:: Aim of the task ::
Where the listing below has a line with "unfolding filter_step", write out exactly that line and every line after it, stopping after the line with "go false = sym (filter-true objects)".

:: Task data ::
▬▬▬▬▬▬▬▬▬▬
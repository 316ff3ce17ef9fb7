-- ===== src/Rows/Laws.antt =====
-- Which rows are left (frontend/public/components/factory/list.tsx, `getFilteredRows`).
use web_ui.Base.{
  Option, none, some, any, null, ap₂, arith, ◌≡◌, refl, sym, ap, ◌∙◌, Bool, true, false, ◌&&◌, ◌||◌,
  not, List, [], ◌∷◌, all, filter, if◌then◌else◌, Bool-cases, inl, inr,
}
use web_ui.Base.Text.{Text, codes, same_text}
use web_ui.Lodash.{Lodash}
use web_ui.Rows.{
  Selection, FieldSelector, ListFilter, name_filter, alert_rule_name, role_binding,
  role_binding_role_ref, node_status, service_class, alert_rule_state, role_kind, role_binding_kind,
  selector, pod_status, clusterserviceversion_resource_kind, build_status, build_strategy,
  route_status, catalog_status, secret_type, pvc_status, other_filter, Reads, has, has_value,
  nothing_selected, or_nothing, by_status, by_kind_only, by_selector, passes, is_filter,
  filter_step, get_filtered_rows,
}

module _ {O : Type 0} where
  filter-filter :
      (p q : O → Bool) (xs : List O) → filter q (filter p xs) ≡ filter (λ o. p o && q o) xs
  filter-filter p q [] = refl
  filter-filter p q (x ∷ xs) = elim (Bool-cases (p x)) [
    | inl e ↦ rw e (ap (λ rest. if q x then x ∷ rest else rest) (filter-filter p q xs))
    | inr e ↦ rw e (filter-filter p q xs)
  ]

  filter-true : (xs : List O) → filter (λ o. true) xs ≡ xs
  filter-true [] = refl
  filter-true (x ∷ xs) = ap (x ∷◌) (filter-true xs)

  filter-equal : (p q : O → Bool) (xs : List O) → ((o : O) → p o ≡ q o) → filter p xs ≡ filter q xs
  filter-equal p q [] h = refl
  filter-equal p q (x ∷ xs) h =
      rw (h x) (ap (λ rest. if q x then x ∷ rest else rest) (filter-equal p q xs h))

module _ {O : Type 0} (reads : Reads O) (fuzzy : Text → Text → Bool) where
  -- A name without a filter has no say.
  abbrev pub allows : ListFilter → O → Bool
  allows f o = not (is_filter f) || passes reads fuzzy f o

  filter_step_lem :
      (objects : List O) (f : ListFilter)
      → filter_step reads fuzzy objects f ≡ filter (allows f) objects
  unfolding filter_step
  filter_step_lem objects f = go (is_filter f)
    where
      go :
          (b : Bool)
          → (if b then filter (passes reads fuzzy f) objects else objects)
            ≡ filter (λ o. not b || passes reads fuzzy f o) objects
      go true = refl
      go false = sym (filter-true objects)

  each-filter_step :
      (lodash : Lodash) (fs : List ListFilter) (objects : List O)
      → lodash.each fs (filter_step reads fuzzy) objects
        ≡ filter (λ o. all (λ f. allows f o) fs) objects
  each-filter_step lodash [] objects =
      lodash.each_nil (filter_step reads fuzzy) objects ∙ sym (filter-true objects)
  each-filter_step lodash (f ∷ fs) objects =
      lodash.each_cons f fs (filter_step reads fuzzy) objects
      ∙ each-filter_step lodash fs (filter_step reads fuzzy objects f)
      ∙ ap (filter (λ o. all (λ g. allows g o) fs)) (filter_step_lem objects f)
      ∙ filter-filter (allows f) (λ o. all (λ g. allows g o) fs) objects

rows_of_allows :
    {O : Type 0}
    → (reads : Reads O) (fuzzy : Text → Text → Bool) (lodash : Lodash) (fs : List ListFilter)
      (objects : List O)
    → get_filtered_rows reads fuzzy lodash fs objects
      ≡ filter (λ o. all (λ f. allows reads fuzzy f o) fs) objects
unfolding get_filtered_rows
rows_of_allows reads fuzzy lodash [] objects =
    rw (lodash.is_empty_nil {A = ListFilter}) (sym (filter-true objects))
rows_of_allows reads fuzzy lodash (f ∷ fs) objects =
    rw (lodash.is_empty_cons f fs) (each-filter_step reads fuzzy lodash (f ∷ fs) objects)

-- The specification of the filters. What is selected, where what is missing is empty:
abbrev pub values_of : Option (List Text) → List Text
values_of none = []
values_of (some values) = values

-- A value passes that is selected or not offered, and any value where none is selected.
abbrev pub passes_status : Option Selection → Text → Bool
passes_status none v = true
passes_status (some s) v =
    null (values_of s.selected)
    || (any (same_text v) (values_of s.selected) || all (λ w. not (same_text v w)) s.offered)

-- A value passes that is selected, and any value where none is selected.
abbrev pub passes_kind : Option Selection → Text → Bool
passes_kind none v = true
passes_kind (some s) v = null (values_of s.selected) || any (same_text v) (values_of s.selected)

abbrev pub passes_value : List Text → Option Text → Bool
passes_value values none = false
passes_value values (some v) = any (same_text v) values

not-any : (p : Text → Bool) (vs : List Text) → not (any p vs) ≡ all (λ w. not (p w)) vs
not-any p [] = refl
not-any p (v ∷ vs) = elim (Bool-cases (p v)) [ inl e ↦ rw e refl | inr e ↦ rw e (not-any p vs) ]

by_status_lem : (s : Option Selection) (v : Text) → by_status s v ≡ passes_status s v
unfolding by_status
by_status_lem none v = refl
by_status_lem (some s) v = go s.selected
  where
    go :
        (o : Option (List Text))
        → (if nothing_selected o then true else has (or_nothing o) v || not (has s.offered v)) ≡ (
            null (values_of o)
            || (any (same_text v) (values_of o) || all (λ w. not (same_text v w)) s.offered))
    go none = refl
    go (some []) = refl
    go (some (w ∷ ws)) = ap (any (same_text v) (w ∷ ws) ||◌) (not-any (same_text v) s.offered)

by_kind_only_lem : (s : Option Selection) (v : Text) → by_kind_only s v ≡ passes_kind s v
unfolding by_kind_only
by_kind_only_lem none v = refl
by_kind_only_lem (some s) v = go s.selected
  where
    go :
        (o : Option (List Text))
        → (if nothing_selected o then true else has (or_nothing o) v)
          ≡ (null (values_of o) || any (same_text v) (values_of o))
    go none = refl
    go (some []) = refl
    go (some (w ∷ ws)) = refl

module _ {O : Type 0} (reads : Reads O) (fuzzy : Text → Text → Bool) where
  abbrev pub passes_selector : Option FieldSelector → O → Bool
  passes_selector none o = true
  passes_selector (some s) o =
      null (values_of s.values) || passes_value (values_of s.values) (reads.field_value s.field o)

  -- Which rows each filter is to let pass; a name without a filter has no say.
  abbrev pub lets_pass : ListFilter → O → Bool
  lets_pass (name_filter text) o = fuzzy text (reads.name o)
  lets_pass (alert_rule_name text) o = fuzzy text (reads.alert_rule_name_of o)
  lets_pass (alert_rule_state selected) o = any (same_text (reads.alert_rule_state_of o)) selected
  lets_pass (role_kind selected) o = any (same_text (reads.role_type o)) selected
  lets_pass (role_binding_kind selected) o = any (same_text (reads.binding_type o)) selected
  lets_pass (role_binding text) o =
      fuzzy text (reads.name o)
      || (fuzzy text (reads.role_ref_name o)
          || (fuzzy text (reads.subject_kind o) || fuzzy text (reads.subject_name o)))
  lets_pass (role_binding_role_ref ref) o = same_text (reads.role_ref_name o) ref
  lets_pass (selector s) o = passes_selector s o
  lets_pass (pod_status s) o = passes_status s (reads.pod_phase o)
  lets_pass (node_status status) o =
      same_text status (codes "all")
      || (same_text status (codes "ready") && reads.is_node_ready o
          || same_text status (codes "notReady") && not (reads.is_node_ready o))
  lets_pass (clusterserviceversion_resource_kind s) o = passes_kind s (reads.kind o)
  lets_pass (build_status s) o = passes_status s (reads.status_phase o)
  lets_pass (build_strategy s) o = passes_status s (reads.strategy_type o)
  lets_pass (route_status s) o = passes_status s (reads.route_status_of o)
  lets_pass (catalog_status s) o = passes_status s (reads.service_catalog_status o)
  lets_pass (secret_type s) o = passes_status s (reads.secret_type_of o)
  lets_pass (pvc_status s) o = passes_status s (reads.status_phase o)
  lets_pass (service_class text) o = fuzzy text (reads.service_class_display_name o)
  lets_pass (other_filter name) o = true

  has_value_lem :
      (values : List Text) (v : Option Text) → has_value values v ≡ passes_value values v
  has_value_lem values none = refl
  has_value_lem values (some v) = refl

  by_selector_lem :
      (s : Option FieldSelector) (o : O) → by_selector reads fuzzy s o ≡ passes_selector s o
  unfolding by_selector
  by_selector_lem none o = refl
  by_selector_lem (some s) o = go s.values
    where
      go :
          (vs : Option (List Text))
          → (if nothing_selected vs
              then true
              else has_value (or_nothing vs) (reads.field_value s.field o))
            ≡ (null (values_of vs) || passes_value (values_of vs) (reads.field_value s.field o))
      go none = refl
      go (some []) = refl
      go (some (w ∷ ws)) = has_value_lem (w ∷ ws) (reads.field_value s.field o)

  or_none : (a b c d : Bool) → (a || (b || (c || (d || false)))) ≡ (a || (b || (c || d)))
  or_none a b c d = ground arith

  passes_lem : (f : ListFilter) (o : O) → allows reads fuzzy f o ≡ lets_pass f o
  unfolding passes
  passes_lem (name_filter text) o = refl
  passes_lem (alert_rule_name text) o = refl
  passes_lem (alert_rule_state selected) o = refl
  passes_lem (role_kind selected) o = refl
  passes_lem (role_binding_kind selected) o = refl
  passes_lem (role_binding text) o =
      or_none (fuzzy text (reads.name o)) (fuzzy text (reads.role_ref_name o))
        (fuzzy text (reads.subject_kind o)) (fuzzy text (reads.subject_name o))
  passes_lem (role_binding_role_ref ref) o = refl
  passes_lem (selector s) o = by_selector_lem s o
  passes_lem (pod_status s) o = by_status_lem s (reads.pod_phase o)
  passes_lem (node_status status) o = refl
  passes_lem (clusterserviceversion_resource_kind s) o = by_kind_only_lem s (reads.kind o)
  passes_lem (build_status s) o = by_status_lem s (reads.status_phase o)
  passes_lem (build_strategy s) o = by_status_lem s (reads.strategy_type o)
  passes_lem (route_status s) o = by_status_lem s (reads.route_status_of o)
  passes_lem (catalog_status s) o = by_status_lem s (reads.service_catalog_status o)
  passes_lem (secret_type s) o = by_status_lem s (reads.secret_type_of o)
  passes_lem (pvc_status s) o = by_status_lem s (reads.status_phase o)
  passes_lem (service_class text) o = refl
  passes_lem (other_filter name) o = refl

  all-lets_pass :
      (fs : List ListFilter) (o : O)
      → all (λ f. allows reads fuzzy f o) fs ≡ all (λ f. lets_pass f o) fs
  all-lets_pass [] o = refl
  all-lets_pass (f ∷ fs) o = ap₂ ◌&&◌ (passes_lem f o) (all-lets_pass fs o)

-- The rows that are left are, in their order, those that every filter lets pass: a filter by a status
-- or a type those whose value is selected, those whose value is not offered, and all where none is
-- selected; the other filters what they look for, and a filter without a known name every row.
pub get_filtered_rows_lem :
    {O : Type 0}
    → (reads : Reads O) (fuzzy : Text → Text → Bool) (lodash : Lodash) (fs : List ListFilter)
      (objects : List O)
    → get_filtered_rows reads fuzzy lodash fs objects
      ≡ filter (λ o. all (λ f. lets_pass reads fuzzy f o) fs) objects
get_filtered_rows_lem reads fuzzy lodash fs objects =
    rows_of_allows reads fuzzy lodash fs objects
    ∙ filter-equal _ _ objects (all-lets_pass reads fuzzy fs)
▬▬▬▬▬▬▬▬▬▬
:: Exercise answer ::
  unfolding filter_step
  filter_step_lem objects f = go (is_filter f)
    where
      go :
          (b : Bool)
          → (if b then filter (passes reads fuzzy f) objects else objects)
            ≡ filter (λ o. not b || passes reads fuzzy f o) objects
      go true = refl
      go false = sym (filter-true objects)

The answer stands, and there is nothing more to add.